Beispiel 3 Herstellung von S-Acetyl-2-(2,2-diethyl-l,3-dioxolan-4-yl)ethyl-l-thiol (3)Example 3 Preparation of S-Acetyl-2- (2,2-diethyl-1,3-dioxolan-4-yl) ethyl-l-thiol (3)
Im 250ml Rundkolben werden 6,0 g (18,3mmol) Verbindung 2 in 150 ml Aceton gelöst und mit 4,18 g (36,6 mmol) fein pulverisiertem Kaliumthioacetat versetzt. Die Mischung wird unter Argon für 72 h bei RT gerührt und daraufhin vom Feststoff abfiltriert. Das Filtrat wird am Rotationsverdampfer vom Lösungsmittel befreit und der Rückstand in 170 ml Ethylacetat aufgenommen.
Die Lösung wird im Scheidetrichter 6 mal mit je 40 ml Wasser und abschließend einmal mit 40ml ges. NaCl-Lösung gewaschen. Die organische Phase wird über Na2SO4 getrocknet, filtriert und am Rotationsverdampfer vom Lösungsmittel befreit. Nach Vakuumtrocknung erhält man 4,10 g (17,6 mmol) eines rötlich braunen Öls.6.0 g (18.3 mmol) of compound 2 are dissolved in 150 ml of acetone in the 250 ml round-bottomed flask, and 4.18 g (36.6 mmol) of finely powdered potassium thioacetate are added. The mixture is stirred under argon at RT for 72 h and then the solid is filtered off. The filtrate is freed from solvent on a rotary evaporator and the residue is taken up in 170 ml of ethyl acetate. The solution is in the separating funnel 6 times with 40 ml of water and finally once with 40ml. Washed NaCl solution. The organic phase is dried over Na 2 SO 4 , filtered and freed from the solvent on a rotary evaporator.

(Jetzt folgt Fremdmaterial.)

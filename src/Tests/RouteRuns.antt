-- ===== src/Tests/RouteRuns.antt =====
-- A kernel with a list of rules, and runs of pkg/agent/route/route.go on it.
use egressgateway.Prelude.{
  ℕ, Bool, true, not, ◌&&◌, ◌||◌, if◌then◌else◌, nat_beq, nat_beq_iff, List, [], ◌∷◌, Option, none,
  some, ok, err, ◌≡◌, ◌+◌, refl, sym, ap, ◌∙◌, arith, inl, inr, Bool-cases,
}
use egressgateway.Prelude.Int.{ℤ, pos, negsuc, int_eq, int_leb, int_eq_iff}
use egressgateway.Prelude.Results.{Error, Result}
use egressgateway.MarkAllocator.Range.{to_int}
use egressgateway.MarkAllocator.Text.{Bytes, range_size, digit_value}
use egressgateway.Agent.Routes.{
  NetRule, Netlink, new_rule_route, ensure_rule, purge_stale_rules, family_v4, family_v6, has_int,
}
use egressgateway.Agent.RuleCounts.{IsNetlink, one_if, same_rule, rule_count, Marked}
use egressgateway.Agent.RouteRules.{ensure_rule-exact}
use egressgateway.Agent.Purged.{purge_stale_rules-exact}

abbrev Rules : Type 0
Rules = List (ℕ × NetRule)

abbrev is_entry : ℕ → NetRule → ℕ × NetRule → Bool
is_entry f x e = nat_beq f e.0 && same_rule x e.1

unfoldable kept_rules : ℕ → NetRule → Rules → ℕ
kept_rules f x [] = 0
kept_rules f x (e ∷ es) = one_if (is_entry f x e) + kept_rules f x es

abbrev is_match : Option ℤ → NetRule → Bool
is_match none rule = true
is_match (some m) rule = int_eq rule.mark m

unfoldable listed : ℕ → Option ℤ → Rules → List NetRule
listed f m [] = []
listed f m (e ∷ es) =
    let rest = listed f m es in if nat_beq f e.0 && is_match m e.1 then e.1 ∷ rest else rest

unfoldable drop_rule : ℕ → NetRule → Rules → Option Rules
drop_rule f x [] = none
drop_rule f x (e ∷ es) =
    let rest = drop_rule f x es in
    if is_entry f x e then some es else elim rest [ none ↦ none | some l ↦ some (e ∷ l) ]

abbrev dropped : Option Rules → Rules → Result (Unit {0}) × Rules
dropped none s = (err Error.not_found, s)
dropped (some t) s = (ok tt, t)

abbrev netlink : Netlink Rules
netlink = record {
  rule_list_filtered = λ f m s. (ok (listed f m s), s);
  rule_del = λ f x s. dropped (drop_rule f x s) s;
  rule_add = λ f x s. (ok tt, (f, x) ∷ s);
  route_list_filtered = λ f t s. (ok [], s);
  route_del = λ r s. (ok tt, s);
  route_add = λ r s. (ok tt, s);
  link_by_name = λ n s. (ok 3, s);
}

listed-Marked : (f : ℕ) (m : ℤ) (s : Rules) → Marked m (listed f (some m) s)
unfolding listed
listed-Marked f m [] = tt
listed-Marked f m (e ∷ es) = elim (Bool-cases (nat_beq f e.0 && int_eq e.1.mark m)) [
  | inl here ↦ rw here (ground (arith, here), listed-Marked f m es)
  | inr other ↦ rw other (listed-Marked f m es)
]

rule_count-listed :
    (f : ℕ) (m : ℤ) (x : NetRule) (s : Rules)
    → int_eq x.mark m ≡ true
    → rule_count x (listed f (some m) s) ≡ kept_rules f x s
unfolding rule_count listed kept_rules
rule_count-listed f m x [] h = refl
rule_count-listed f m x (e ∷ es) h = elim (Bool-cases (int_eq x.mark e.1.mark)) [
  | inl same ↦
      let at = ap (λ n. int_eq n m) ((int_eq_iff x.mark e.1.mark).0 same) in
      ground (arith, rule_count-listed f m x es h, same, at, h)
  | inr other ↦ ground (arith, rule_count-listed f m x es h, other)
]

rule_count-all :
    (f : ℕ) (x : NetRule) (s : Rules) → rule_count x (listed f none s) ≡ kept_rules f x s
unfolding rule_count listed kept_rules
rule_count-all f x [] = refl
rule_count-all f x (e ∷ es) = ground (arith, rule_count-all f x es)

same_rule-ap :
    (f : ℕ) (x : NetRule) (e : ℕ × NetRule)
    → is_entry f x e ≡ true
    → (g : ℕ) (y : NetRule) → is_entry g y e ≡ (nat_beq g f && same_rule y x)
same_rule-ap f x e h g y =
    let k = ap (nat_beq g) ((nat_beq_iff f e.0).0 (ground (arith, h))) in
    let t = ap (int_eq y.table) ((int_eq_iff x.table e.1.table).0 (ground (arith, h))) in
    let p = ap (int_eq y.priority) ((int_eq_iff x.priority e.1.priority).0 (ground (arith, h))) in
    let m = ap (int_eq y.mark) ((int_eq_iff x.mark e.1.mark).0 (ground (arith, h))) in
    ground (arith, k, t, p, m)

abbrev some_count : ℕ → NetRule → Option Rules → ℕ
some_count g y none = 0
some_count g y (some l) = kept_rules g y l

tail-count :
    (g : ℕ) (y : NetRule) (n : ℕ) (e : ℕ × NetRule) (es t : Rules) (o : Option Rules)
    → ((l : Rules) → o ≡ some l → kept_rules g y es ≡ n + kept_rules g y l)
    → elim o [ none ↦ none | some l ↦ some (e ∷ l) ] ≡ some t
    → kept_rules g y (e ∷ es) ≡ n + kept_rules g y t
unfolding kept_rules
tail-count g y n e es t none ih h = absurd (ground (arith, h))
tail-count g y n e es t (some l) ih h = ground (arith, ih l refl, ap (some_count g y) h)

drop_rule-count :
    (f : ℕ) (x : NetRule) (s t : Rules)
    → drop_rule f x s ≡ some t
    → (g : ℕ) (y : NetRule)
    → kept_rules g y s ≡ one_if (nat_beq g f && same_rule y x) + kept_rules g y t
unfolding drop_rule kept_rules
drop_rule-count f x [] t h g y = absurd (ground (arith, h))
drop_rule-count f x (e ∷ es) t h g y = elim (Bool-cases (is_entry f x e)) [
  | inl same ↦ ground (arith, same_rule-ap f x e same g y, ap (some_count g y) (rw same at h))
  | inr other ↦
      tail-count g y (one_if (nat_beq g f && same_rule y x)) e es t (drop_rule f x es)
        (λ l k. drop_rule-count f x es l k g y) (rw other at h)
]

drop-count :
    (f : ℕ) (x : NetRule) (s s' : Rules)
    → dropped (drop_rule f x s) s ≡ (ok tt, s')
    → (g : ℕ) (y : NetRule)
    → kept_rules g y s ≡ one_if (nat_beq g f && same_rule y x) + kept_rules g y s'
unfolding kept_rules
drop-count f x s s' h = go (drop_rule f x s) refl h
  where
    go :
        (o : Option Rules)
        → drop_rule f x s ≡ o
        → dropped o s ≡ (ok tt, s')
        → (g : ℕ) (y : NetRule)
        → kept_rules g y s ≡ one_if (nat_beq g f && same_rule y x) + kept_rules g y s'
    go none e k g y = absurd (ground (arith, k))
    go (some t) e k g y =
        ground (arith, drop_rule-count f x s t e g y, ap (λ q. kept_rules g y q.1) k)

abbrev list_of : Result (List NetRule) × Rules → List NetRule
list_of (ok l, s) = l
list_of (r, s) = []

add-count :
    (f : ℕ) (r : NetRule) (s s' : Rules)
    → netlink.rule_add f r s ≡ (ok tt, s')
    → (g : ℕ) (x : NetRule)
    → kept_rules g x s' ≡ one_if (nat_beq g f && same_rule x r) + kept_rules g x s
unfolding kept_rules
add-count f r s s' h g x = sym (ap (λ q. kept_rules g x q.1) h)

abbrev net : IsNetlink netlink
net = record {
  rules = kept_rules;
  filtered = λ f m s s' l h. (
    sym (ap (λ q. q.1) h),
    (rw (sym (ap list_of h)) (listed-Marked f m s)),
    λ x k. sym (ap (rule_count x) (ap list_of h)) ∙ rule_count-listed f m x s k,
  );
  listed = λ f s s' l h.
      (sym (ap (λ q. q.1) h), λ x. sym (ap (rule_count x) (ap list_of h)) ∙ rule_count-all f x s);
  deleted = drop-count;
  added = add-count;
}

abbrev rule : ℤ → ℤ → ℤ → NetRule
rule t p m = record { table = t; priority = p; mark = m }

abbrev mark_five : NetRule
mark_five = rule (pos 5) (pos 99) (pos 5)

-- a rule twice, one of another table, and one of another mark
abbrev before : Rules
before =
    (family_v4, rule (pos 7) (pos 99) (pos 5))
    ∷ (family_v4, mark_five)
    ∷ (family_v4, mark_five)
    ∷ (family_v4, rule (pos 0) (negsuc 0) (pos 0x26000001))
    ∷ []

abbrev after_rules : Rules
after_rules = (family_v4, mark_five) ∷ (family_v4, rule (pos 0) (negsuc 0) (pos 0x26000001)) ∷ []

ensured : ensure_rule netlink new_rule_route family_v4 (pos 5) (pos 5) before ≡ (ok tt, after_rules)
unfolding ensure_rule listed drop_rule int_eq
ensured = refl

ensure_rule-exact_example : kept_rules family_v4 mark_five after_rules ≡ 1
unfolding int_eq
ensure_rule-exact_example =
    ensure_rule-exact netlink net new_rule_route family_v4 (pos 5) (pos 5) before after_rules
      ensured family_v4 mark_five

abbrev base_mark : Bytes
base_mark = b'0' ∷ b'x' ∷ b'2' ∷ b'6' ∷ b'0' ∷ b'0' ∷ b'0' ∷ b'0' ∷ b'0' ∷ b'0' ∷ []

purged :
    purge_stale_rules netlink (pos 0x26000002 ∷ []) base_mark after_rules
    ≡ (ok tt, (family_v4, mark_five) ∷ [])
unfolding purge_stale_rules listed drop_rule int_eq int_leb digit_value
purged = refl

purge_stale_rules-exact_example :
    (start : ℕ) × (end : ℕ) × (range_size base_mark ≡ ok (start, end))
    × ((g : ℕ) (x : NetRule)
        → kept_rules g x ((family_v4, mark_five) ∷ []) ≡ (
            if (nat_beq g family_v4 || nat_beq g family_v6)
              && (not (has_int x.mark (pos 0x26000002 ∷ []))
                  && (int_leb (to_int start) x.mark && int_leb x.mark (to_int end)))
            then 0
            else kept_rules g x after_rules))
purge_stale_rules-exact_example =
    purge_stale_rules-exact netlink net (pos 0x26000002 ∷ []) base_mark after_rules
      ((family_v4, mark_five) ∷ []) purged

After vacuum drying, 4.10 g (17.6 mmol) of a reddish brown oil are obtained.
Beispiel 4Example 4
Herstellung vonProduction of
3-{[2-(2,2-Diethyl-l,3-dioxolan-4-yl)ethyl]thio}propyl-l-tert-butylcarbamat (4)3 - {[2- (2,2-diethyl-l, 3-dioxolan-4-yl) ethyl] thio} propyl-l-tert-butyl carbamate (4)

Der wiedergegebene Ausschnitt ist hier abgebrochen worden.